= Beginning of Section =

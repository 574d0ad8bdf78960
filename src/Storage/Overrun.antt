-- ===== src/Storage/Overrun.antt =====
-- How much the encodings of the log buffer write: firmware/components/storage/log_buf.c.
use companion_robot.Base.{
  ℕ, ◌+◌, ◌/◌, ◌%◌, ◌≤◌, ◌<◌, ◌≡◌, refl, ◌∙◌, inl, inr, some, ltb, ◌==◌, if◌then◌else◌, List, [],
  ◌∷◌, length, length-append, All, Bool-cases, ltb_of_lt, ltb_of_le, lt_or_le, false, arith,
}
use companion_robot.Base.Bytes.{Memory, store_bytes}
use companion_robot.Bcp.Types.{write_u16}
use companion_robot.Diag.LogRing.{LogEntry, first_chars}
use companion_robot.Storage.LogBuf.{LogBuf}
use companion_robot.Storage.Entries.{first_chars_le}
use companion_robot.Storage.Query.{
  log_buf_query, up_to_nul, recent_bytes, upload_bytes, encode_loop, log_buf_encode_recent,
  log_buf_encode_upload, log_level_warn,
}
use companion_robot.Storage.History.{Matches, log_buf_query_returns}

up_to_nul_le : (cs : List ℕ) → length (up_to_nul cs) ≤ length cs
unfolding up_to_nul
up_to_nul_le [] = omega arith
up_to_nul_le (c ∷ cs) = ground (arith, up_to_nul_le cs)

length-upload_bytes :
    (e : LogEntry)
    → length (upload_bytes e) ≡ 8 + length (up_to_nul e.tag) + length (up_to_nul e.message)
unfolding upload_bytes
length-upload_bytes e = ground (
  arith,
  length-append (up_to_nul e.tag) (
      length (up_to_nul e.message) % 256
      ∷ (length (up_to_nul e.message) / 256 % 256 ∷ up_to_nul e.message)),
)

length-recent_bytes :
    (e : LogEntry)
    → length (recent_bytes e)
      ≡ 3 + length (up_to_nul e.tag) + length (first_chars 48 (up_to_nul e.message))
unfolding recent_bytes
length-recent_bytes e = ground (
  arith,
  length-append (up_to_nul e.tag)
      (length (first_chars 48 (up_to_nul e.message)) % 256 ∷ first_chars 48 (up_to_nul e.message)),
)

nonzero : (n : ℕ) → 0 < n → (n == 0) ≡ false
nonzero n h = ground arith

-- If no entry takes more than `slack + 1 + extra` bytes, the loop stays below `buf_len + extra`.
encode_loop_le :
    (bytes : LogEntry → List ℕ) (slack extra buf_len : ℕ) (es : List LogEntry) (written count : ℕ)
    (m : Memory)
    → All (λ (e : LogEntry). length (bytes e) ≤ slack + 1 + extra) es
    → written ≤ buf_len + extra
    → (encode_loop bytes slack buf_len es written count m).0 ≤ buf_len + extra
unfolding encode_loop
encode_loop_le bytes slack extra buf_len [] written count m h k = k
encode_loop_le bytes slack extra buf_len (e ∷ es) written count m h k =
    elim (Bool-cases (ltb (written + slack) buf_len)) [
      | inl go ↦ rw go (
          encode_loop_le bytes slack extra buf_len es (written + length (bytes e)) (count + 1)
            (store_bytes written (bytes e) m) h.1 (ground (arith, h.0)))
      | inr stop ↦ rw stop k
    ]

encode_loop_ge :
    (bytes : LogEntry → List ℕ) (slack buf_len : ℕ) (es : List LogEntry) (written count : ℕ)
    (m : Memory)
    → written ≤ (encode_loop bytes slack buf_len es written count m).0
unfolding encode_loop
encode_loop_ge bytes slack buf_len [] written count m = omega arith
encode_loop_ge bytes slack buf_len (e ∷ es) written count m =
    elim (Bool-cases (ltb (written + slack) buf_len)) [
      | inl go ↦ rw go (
          omega (
            arith,
            encode_loop_ge bytes slack buf_len es (written + length (bytes e)) (count + 1)
                (store_bytes written (bytes e) m),
          ))
      | inr stop ↦ rw stop (omega arith)
    ]

All-upload_bytes :
    (level : ℕ) (es : List LogEntry)
    → All (Matches level) es
    → All (λ (e : LogEntry). length (upload_bytes e) ≤ 80 + 1 + 69) es
All-upload_bytes level [] h = tt
All-upload_bytes level (e ∷ es) (h, hs) = (
  omega (
    arith,
    length-upload_bytes e,
    up_to_nul_le e.tag,
    up_to_nul_le e.message,
    h.tag_fits,
    h.msg_fits,
  ),
  All-upload_bytes level es hs,
)

All-recent_bytes :
    (level : ℕ) (es : List LogEntry)
    → All (Matches level) es
    → All (λ (e : LogEntry). length (recent_bytes e) ≤ 64 + 1 + 1) es
All-recent_bytes level [] h = tt
All-recent_bytes level (e ∷ es) (h, hs) = (
  omega (
    arith,
    length-recent_bytes e,
    up_to_nul_le e.tag,
    first_chars_le 48 (up_to_nul e.message),
    h.tag_fits,
  ),
  All-recent_bytes level es hs,
)

upload_result :
    (b : LogBuf) (m : Memory) (buf_len level : ℕ) (es : List LogEntry)
    → (b.buf_size == 0) ≡ false
    → 2 ≤ buf_len
    → log_buf_query level 32 b ≡ some es
    → let w = encode_loop upload_bytes 80 buf_len es 2 0 m in
      log_buf_encode_upload b m buf_len level
      ≡ some (if ltb 2 w.0 then (w.0, store_bytes 0 (write_u16 w.0) w.2) else (0, w.2))
unfolding log_buf_encode_upload
upload_result b m buf_len level es s l q = simp (s, ltb_of_le buf_len 2 l, q) refl

recent_result :
    (b : LogBuf) (m : Memory) (buf_len : ℕ) (es : List LogEntry)
    → (b.buf_size == 0) ≡ false
    → 4 ≤ buf_len
    → log_buf_query log_level_warn 8 b ≡ some es
    → let w = encode_loop recent_bytes 64 buf_len es 2 0 m in
      log_buf_encode_recent b m buf_len
      ≡ some (if ltb 0 w.1 then (w.0, store_bytes 0 (write_u16 w.1) w.2) else (0, w.2))
unfolding log_buf_encode_recent
recent_result b m buf_len es s l q = simp (s, ltb_of_le buf_len 4 l, q) refl

upload_bounded :
    (b : LogBuf) (m : Memory) (buf_len level : ℕ)
    → (n : ℕ) × (k : Memory) × (log_buf_encode_upload b m buf_len level ≡ some (n, k))
      × (n ≤ buf_len + 69)
upload_bounded b m buf_len level = elim (Bool-cases (b.buf_size == 0)) [
  | inl e ↦ (0, m, unfold log_buf_encode_upload in simp e refl, omega arith)
  | inr e ↦ elim (lt_or_le buf_len 2) [
    | inl l ↦
        (0, m, unfold log_buf_encode_upload in simp (e, ltb_of_lt buf_len 2 l) refl, omega arith)
    | inr l ↦
        let (es, q, short, h) = log_buf_query_returns level 32 b in
        let w = encode_loop upload_bytes 80 buf_len es 2 0 m in
        let le =
          encode_loop_le upload_bytes 80 69 buf_len es 2 0 m (All-upload_bytes level es h)
            (omega arith) in
        elim (Bool-cases (ltb 2 w.0)) [
          | inl some_written ↦ (
            w.0,
            store_bytes 0 (write_u16 w.0) w.2,
            upload_result b m buf_len level es e l q ∙ simp some_written refl,
            le,
          )
          | inr none_written ↦ (
            0,
            w.2,
            upload_result b m buf_len level es e l q ∙ simp none_written refl,
            omega arith,
          )
        ]
  ]
]

recent_bounded :
    (b : LogBuf) (m : Memory) (buf_len : ℕ)
    → (n : ℕ) × (k : Memory) × (log_buf_encode_recent b m buf_len ≡ some (n, k)) × (n ≤ buf_len + 1)
recent_bounded b m buf_len = elim (Bool-cases (b.buf_size == 0)) [
  | inl e ↦ (0, m, unfold log_buf_encode_recent in simp e refl, omega arith)
  | inr e ↦ elim (lt_or_le buf_len 4) [
    | inl l ↦
        (0, m, unfold log_buf_encode_recent in simp (e, ltb_of_lt buf_len 4 l) refl, omega arith)
    | inr l ↦
        let (es, q, short, h) = log_buf_query_returns log_level_warn 8 b in
        let w = encode_loop recent_bytes 64 buf_len es 2 0 m in
        let le =
          encode_loop_le recent_bytes 64 1 buf_len es 2 0 m (All-recent_bytes log_level_warn es h)
            (omega arith) in
        elim (Bool-cases (ltb 0 w.1)) [
          | inl some_written ↦ (
            w.0,
            store_bytes 0 (write_u16 w.1) w.2,
            recent_result b m buf_len es e l q ∙ simp some_written refl,
            le,
          )
          | inr none_written ↦
              (0, w.2, recent_result b m buf_len es e l q ∙ simp none_written refl, omega arith)
        ]
  ]
]

-- Both encodings of the log buffer return, whatever it holds, and the number of bytes that they
-- write exceeds the length of the caller's buffer by at most 69 for an upload and by at most one
-- for the recent warnings.
pub encodings_bounded :
    (b : LogBuf) (m : Memory) (buf_len level : ℕ)
    → ((n : ℕ) × (k : Memory) × (log_buf_encode_upload b m buf_len level ≡ some (n, k))
        × (n ≤ buf_len + 69))
      × ((n : ℕ) × (k : Memory) × (log_buf_encode_recent b m buf_len ≡ some (n, k))
          × (n ≤ buf_len + 1))
encodings_bounded b m buf_len level = (upload_bounded b m buf_len level, recent_bounded b m buf_len)

-- The guard of an upload leaves 80 bytes for an entry, which can take 150. If the first entry found
-- is longer than the buffer has room for, and the buffer is longer than 82 bytes, the upload writes
-- past its end.
upload_overruns :
    (b : LogBuf) (m : Memory) (buf_len level : ℕ) (e : LogEntry) (es : List LogEntry)
    → log_buf_query level 32 b ≡ some (e ∷ es)
    → 0 < b.buf_size
    → 82 < buf_len
    → buf_len < 10 + length (up_to_nul e.tag) + length (up_to_nul e.message)
    → (n : ℕ) × (k : Memory) × (log_buf_encode_upload b m buf_len level ≡ some (n, k))
      × (buf_len < n)
upload_overruns b m buf_len level e es q s l h =
    let w = encode_loop upload_bytes 80 buf_len (e ∷ es) 2 0 m in
    let ge =
      encode_loop_ge upload_bytes 80 buf_len es (2 + length (upload_bytes e)) 1
        (store_bytes 2 (upload_bytes e) m) in
    let first : 2 + length (upload_bytes e) ≤ w.0 =
      unfold encode_loop in rw (ltb_of_lt 82 buf_len l) ge in
    let len = length-upload_bytes e in
    (
      w.0,
      store_bytes 0 (write_u16 w.0) w.2,
      upload_result b m buf_len level (e ∷ es) (nonzero b.buf_size s) (omega arith) q
          ∙ simp (ltb_of_lt 2 w.0 (omega (arith, first, len))) refl,
      omega (arith, first, len),
    )
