-- ===== src/Examples/Logs.antt =====
-- Queries of the log buffer on concrete inputs.
use companion_robot.Base.{
  ℕ, ◌+◌, ◌-◌, ◌/◌, ◌≤◌, ◌≡◌, some, true, List, [], ◌∷◌, ◌++◌, map, length, take, replicate, All,
  arith,
}
use companion_robot.Base.Bytes.{Memory, zeroed}
use companion_robot.Base.Text.{codes}
use companion_robot.Diag.LogRing.{LogEntry, first_chars, empty_entry}
use companion_robot.Storage.LogBuf.{LogBuf, log_buf_init}
use companion_robot.Storage.Query.{log_buf_query, log_buf_encode_upload, log_buf_encode_recent}
use companion_robot.Storage.History.{Matches, log_buf_query_returns}
use companion_robot.Storage.Scan.{keep}
use companion_robot.Storage.Replay.{LogCall, logged, append_all, total_size, query_after_appends}
use companion_robot.Storage.Overrun.{encodings_bounded}

abbrev none_yet : LogBuf
none_yet = record { buf = zeroed; buf_size = 0; write_pos = 0; entry_count = 0 }

abbrev warning : LogCall
warning = record { level = 2; now = 70; tag = codes "power"; message = codes "low" }

abbrev note : LogCall
note = record { level = 3; now = 80; tag = codes "led"; message = codes "ok" }

abbrev two_calls : List LogCall
two_calls = warning ∷ (note ∷ [])

log_buf_query_returns_example :
    (r : List LogEntry) × (log_buf_query 2 5 none_yet ≡ some r) × (length r ≤ 5) × All (Matches 2) r
log_buf_query_returns_example = log_buf_query_returns 2 5 none_yet

query_after_appends_example :
    log_buf_query 2 4 (append_all two_calls (log_buf_init 64 true none_yet))
    ≡ some (
        take 4 (
          keep 2 (map logged two_calls) ++ replicate ((64 - total_size two_calls) / 8) empty_entry))
unfolding total_size first_chars
query_after_appends_example =
    query_after_appends two_calls 64 2 4 none_yet (omega arith, (omega arith, tt)) (omega arith)
      (omega arith) (omega arith)

encodings_bounded_example :
    ((n : ℕ) × (k : Memory) × (log_buf_encode_upload none_yet zeroed 100 2 ≡ some (n, k))
      × (n ≤ 100 + 69))
    × ((n : ℕ) × (k : Memory) × (log_buf_encode_recent none_yet zeroed 100 ≡ some (n, k))
        × (n ≤ 100 + 1))
encodings_bounded_example = encodings_bounded none_yet zeroed 100 2

abbrev long_call : LogCall
long_call = record { level = 2; now = 70; tag = codes "power"; message = replicate 90 b'x' }

abbrev long_log : LogBuf
long_log = append_all (long_call ∷ []) (log_buf_init 128 true none_yet)

long_query :
    log_buf_query 2 32 long_log
    ≡ some (logged long_call ∷ (empty_entry ∷ (empty_entry ∷ (empty_entry ∷ []))))
unfolding total_size first_chars
long_query =
    query_after_appends (long_call ∷ []) 128 2 32 none_yet (omega arith, tt) (omega arith)
      (omega arith) (omega arith)
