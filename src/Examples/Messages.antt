-- ===== src/Examples/Messages.antt =====
-- Deltas and message helpers on concrete inputs.
use companion_robot.Base.{ℕ, ◌+◌, ◌≡◌, List, [], ◌∷◌}
use companion_robot.Base.Bytes.{Memory, zeroed}
use companion_robot.Bcp.Types.{Command}
use companion_robot.Bcp.Helpers.{
  Beat, heartbeat_full, heartbeat_no_change, Delta, heartbeat_differ_init,
}
use companion_robot.Bcp.Layout.{Field, u8, u16}
use companion_robot.Bcp.Deltas.{follow, last_beat, deltas_follow}

abbrev beat : ℕ → Beat
beat battery = record { status = 1; battery = battery; rssi = 200; task_id = 515 }

abbrev no_delta : Delta
no_delta = record { delta_type = heartbeat_no_change; values = beat 0 }

abbrev empty_command : Command
empty_command = record { cmd_id = 0; payload_len = 0; payload = zeroed }

deltas_follow_example :
    follow heartbeat_differ_init no_delta (beat 3) (beat 80 ∷ beat 80 ∷ beat 79 ∷ [])
    ≡ last_beat (beat 80) (beat 80 ∷ beat 79 ∷ [])
deltas_follow_example = deltas_follow no_delta (beat 3) (beat 80) (beat 80 ∷ beat 79 ∷ [])

abbrev full_delta : Delta
full_delta = record { delta_type = heartbeat_full; values = beat 80 }

-- Each byte is its offset and seven.
abbrev ascending : Memory
ascending a = a + 7

abbrev audio_fields : List Field
audio_fields = u8 ∷ u16 ∷ []
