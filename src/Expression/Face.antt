-- ===== src/Expression/Face.antt =====
-- The face display: firmware/components/expression/face.c. What goes over the bus is recorded, as
-- writes that succeed; the allocation of their buffers succeeds too.
use companion_robot.Base.{
  ℕ, zero, suc, ◌+◌, ◌-◌, ◌*◌, ◌/◌, ◌%◌, Bool, true, false, not, ◌&&◌, Option, none, some, List, [],
  ◌∷◌, ◌++◌, get_or, replicate, ltb, leb, ◌==◌, if◌then◌else◌, sub32,
}
use companion_robot.Base.Bytes.{Memory, load_bytes}

abbrev pub ssd1306_width : ℕ
ssd1306_width = 128

abbrev pub ssd1306_pages : ℕ
ssd1306_pages = 64 / 8

abbrev pub bm_bytes : ℕ
bm_bytes = 32 * 32 / 8

-- `ssd1306_write_cmd` and `ssd1306_write_data`.
pub data FaceAct : Type 0 where
  write_cmd : (cmd : ℕ) → FaceAct
  write_data : (data_bytes : List ℕ) → FaceAct

-- The initializer of `FACE_NEUTRAL`.
abbrev pub face_neutral_initializer : List ℕ
face_neutral_initializer =
    0x00 ∷ 0x00 ∷ 0x00 ∷ 0x00 ∷ 0x00 ∷ 0x00 ∷ 0x00 ∷ 0x00 ∷ 0x00 ∷ 0x07 ∷ 0xC0 ∷ 0x00 ∷ 0x00 ∷ 0x03
    ∷ 0xE0 ∷ 0x00 ∷ 0x00 ∷ 0x1F ∷ 0xF0 ∷ 0x00 ∷ 0x00 ∷ 0x0F ∷ 0xF8 ∷ 0x00 ∷ 0x00 ∷ 0x3F ∷ 0xF8
    ∷ 0x00 ∷ 0x00 ∷ 0x1F ∷ 0xFC ∷ 0x00 ∷ 0x00 ∷ 0x7F ∷ 0xFC ∷ 0x00 ∷ 0x00 ∷ 0x3F ∷ 0xFE ∷ 0x00
    ∷ 0x00 ∷ 0x7F ∷ 0xFC ∷ 0x00 ∷ 0x00 ∷ 0x3F ∷ 0xFE ∷ 0x00 ∷ 0x00 ∷ 0x7F ∷ 0xFC ∷ 0x00 ∷ 0x00
    ∷ 0x3F ∷ 0xFE ∷ 0x00 ∷ 0x00 ∷ 0x3F ∷ 0xF8 ∷ 0x00 ∷ 0x00 ∷ 0x1F ∷ 0xFC ∷ 0x00 ∷ 0x00 ∷ 0x1F
    ∷ 0xF0 ∷ 0x00 ∷ 0x00 ∷ 0x0F ∷ 0xF8 ∷ 0x00 ∷ 0x00 ∷ 0x07 ∷ 0xC0 ∷ 0x00 ∷ 0x00 ∷ 0x03 ∷ 0xE0
    ∷ 0x00 ∷ 0x00 ∷ 0x00 ∷ 0x00 ∷ 0x00 ∷ 0x00 ∷ 0x00 ∷ 0x00 ∷ 0x00 ∷ 0x00 ∷ 0x00 ∷ 0x00 ∷ 0x00
    ∷ 0x00 ∷ 0x00 ∷ 0x00 ∷ 0x00 ∷ 0x00 ∷ 0x00 ∷ 0x00 ∷ 0x00 ∷ 0x00 ∷ 0x00 ∷ 0x00 ∷ 0x00 ∷ 0x00
    ∷ 0x00 ∷ 0x00 ∷ 0x00 ∷ 0x00 ∷ 0x00 ∷ 0x00 ∷ 0x00 ∷ 0x00 ∷ 0x00 ∷ 0x00 ∷ 0x00 ∷ 0x00 ∷ 0x00
    ∷ 0x00 ∷ 0x00 ∷ 0x00 ∷ 0x00 ∷ 0x00 ∷ 0x00 ∷ 0x07 ∷ 0xFF ∷ 0xFF ∷ 0xC0 ∷ 0x07 ∷ 0xFF ∷ 0xFF
    ∷ 0xC0 ∷ 0x00 ∷ 0x00 ∷ 0x00 ∷ 0x00 ∷ 0x00 ∷ 0x00 ∷ 0x00 ∷ 0x00 ∷ 0x00 ∷ 0x00 ∷ 0x00 ∷ 0x00
    ∷ 0x00 ∷ 0x00 ∷ 0x00 ∷ 0x00 ∷ 0x00 ∷ 0x00 ∷ 0x00 ∷ 0x00 ∷ 0x00 ∷ 0x00 ∷ 0x00 ∷ 0x00 ∷ 0x00
    ∷ 0x00 ∷ 0x00 ∷ 0x00 ∷ 0x00 ∷ 0x00 ∷ 0x00 ∷ 0x00 ∷ 0x00 ∷ 0x00 ∷ 0x00 ∷ 0x00 ∷ []

-- `FACE_NEUTRAL`: the initializer has more bytes than the array, which keeps the first ones.
unfoldable pub face_neutral : Memory
face_neutral i = if ltb i bm_bytes then get_or face_neutral_initializer i 0 else 0

-- The commands that select a page and a column.
abbrev pub seek : (page x : ℕ) → List FaceAct
seek page x =
    write_cmd (0xB0 + page) ∷ (write_cmd (x % 16) ∷ (write_cmd (0x10 + (x / 16) % 16) ∷ []))

-- The pages from `page` on, `n` of them, each filled with what `f` gives.
unfoldable pub fill_pages : (f : ℕ → List ℕ) → (n page : ℕ) → List FaceAct
fill_pages f zero page = []
fill_pages f (suc n) page = seek page 0 ++ (write_data (f page) ∷ fill_pages f n (page + 1))

unfoldable pub clear_display : List FaceAct
unfolding fill_pages
clear_display = fill_pages (λ page. replicate ssd1306_width 0) ssd1306_pages 0

-- `row_buf`: the columns from `col` on, `n` of them, of a row of the bitmap that is drawn at `x`.
unfoldable pub row_buf : Memory → (x w row n col : ℕ) → List ℕ
row_buf bitmap x w row zero col = []
row_buf bitmap x w row (suc n) col =
    let drawn = ltb col (w / 8) && ltb (x + col * 8) ssd1306_width in
    (if drawn then bitmap (row * (w / 8) + col) else 0) ∷ row_buf bitmap x w row n (col + 1)

-- The loop of `draw_bitmap` over the rows, from `row` on, `n` of them.
unfoldable pub draw_rows : Memory → (x y w n row : ℕ) → List FaceAct
draw_rows bitmap x y w zero row = []
draw_rows bitmap x y w (suc n) row =
    let page = (y + row) / 8 in
    let rest = draw_rows bitmap x y w n (row + 1) in
    if leb ssd1306_pages page
    then rest
    else seek page x ++ (write_data (row_buf bitmap x w row ssd1306_width 0) ∷ rest)

unfoldable pub draw_bitmap : Memory → (x y w h : ℕ) → List FaceAct
unfolding draw_rows
draw_bitmap bitmap x y w h = draw_rows bitmap x y w h 0

abbrev pub bcp_face_expr_count : ℕ
bcp_face_expr_count = 7

-- The globals; of `FACE_BITMAPS`, the pointers that are not NULL.
pub record FaceState : Type 0 where
  pub display_ok : Bool
  pub current_expr : ℕ
  pub bitmaps : ℕ → Option Memory
  pub last_blink_ms : ℕ
  pub next_blink_ms : ℕ
  pub blinking : Bool

-- As the program starts.
abbrev pub face_start : FaceState
face_start = record {
  display_ok = false;
  current_expr = 0;
  bitmaps = λ e. if e == 0 then some face_neutral else none;
  last_blink_ms = 0;
  next_blink_ms = 0;
  blinking = false;
}

abbrev pub drawing : Option Memory → List FaceAct
drawing none = []
drawing (some bm) = clear_display ++ draw_bitmap bm 48 16 32 32

unfoldable pub face_set_expression : (expr : ℕ) → FaceState → FaceState × List FaceAct
face_set_expression expr f =
    if not f.display_ok
    then (f, [])
    else if leb bcp_face_expr_count expr
    then (f, [])
    else (record f { current_expr = expr }, drawing (f.bitmaps expr))

abbrev pub commands : List ℕ → List FaceAct
commands [] = []
commands (c ∷ cs) = write_cmd c ∷ commands cs

-- "Init sequence (SSD1306 datasheet)".
abbrev pub init_sequence : List FaceAct
init_sequence = commands (
    0xAE ∷ 0xA8 ∷ 0x3F ∷ 0xD3 ∷ 0x00 ∷ 0x40 ∷ 0xA1 ∷ 0xC8 ∷ 0xDA ∷ 0x12 ∷ 0x81 ∷ 0x7F ∷ 0xA4 ∷ 0xA6
    ∷ 0xD5 ∷ 0x80 ∷ 0x8D ∷ 0x14 ∷ 0xAF ∷ [])

-- "Generate expression variants": the happy face is a copy of the neutral one, and the confused
-- one has no bitmap.
abbrev pub variants : ℕ → Option Memory
variants e = if e == 5 then none else if ltb e bcp_face_expr_count then some face_neutral else none

-- `face_init`: whether the display answers, the time, and a random number.
unfoldable pub face_init : (found : Bool) → (now random : ℕ) → FaceState → FaceState × List FaceAct
face_init false now random f = (record f { display_ok = false }, [])
face_init true now random f =
    let (g, shown) = face_set_expression 0 (record f { bitmaps = variants }) in
    (
      record g { display_ok = true; last_blink_ms = now; next_blink_ms = 2000 + random % 4000 },
      init_sequence ++ (clear_display ++ shown),
    )

unfoldable pub face_set_custom : Memory → (len : ℕ) → FaceState → List FaceAct
face_set_custom bitmap len f =
    let w = if ltb 128 len then 128 else len in
    if not f.display_ok
    then []
    else clear_display
      ++ (if len == 1024
          then fill_pages (λ page. load_bytes (page * ssd1306_width) ssd1306_width bitmap)
              ssd1306_pages 0
          else draw_bitmap bitmap ((ssd1306_width - w) / 2) 16 w 32)

unfoldable pub face_off : FaceState → List FaceAct
face_off f = if f.display_ok then write_cmd 0xAE ∷ [] else []

-- "Start blink".
unfoldable pub start_blink : (now : ℕ) → FaceState → FaceState
start_blink now f =
    if not f.blinking && ltb f.next_blink_ms (sub32 now f.last_blink_ms)
    then record f { blinking = true; last_blink_ms = now }
    else f

unfoldable pub face_blink_tick : (now random : ℕ) → FaceState → FaceState × List FaceAct
face_blink_tick now random f =
    let g = start_blink now f in
    let open_eyes : FaceState = record g {
      blinking = false;
      last_blink_ms = now;
      next_blink_ms = 2000 + random % 4000;
    } in
    if not f.display_ok
    then (f, [])
    else if g.blinking && ltb 150 (sub32 now g.last_blink_ms)
    then face_set_expression g.current_expr open_eyes
    else (g, [])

= End of Section =

Exercise prompt: Look through the entries above, find each line containing "ascending", and copy it.

Expected answer:
abbrev ascending : Memory
ascending a = a + 7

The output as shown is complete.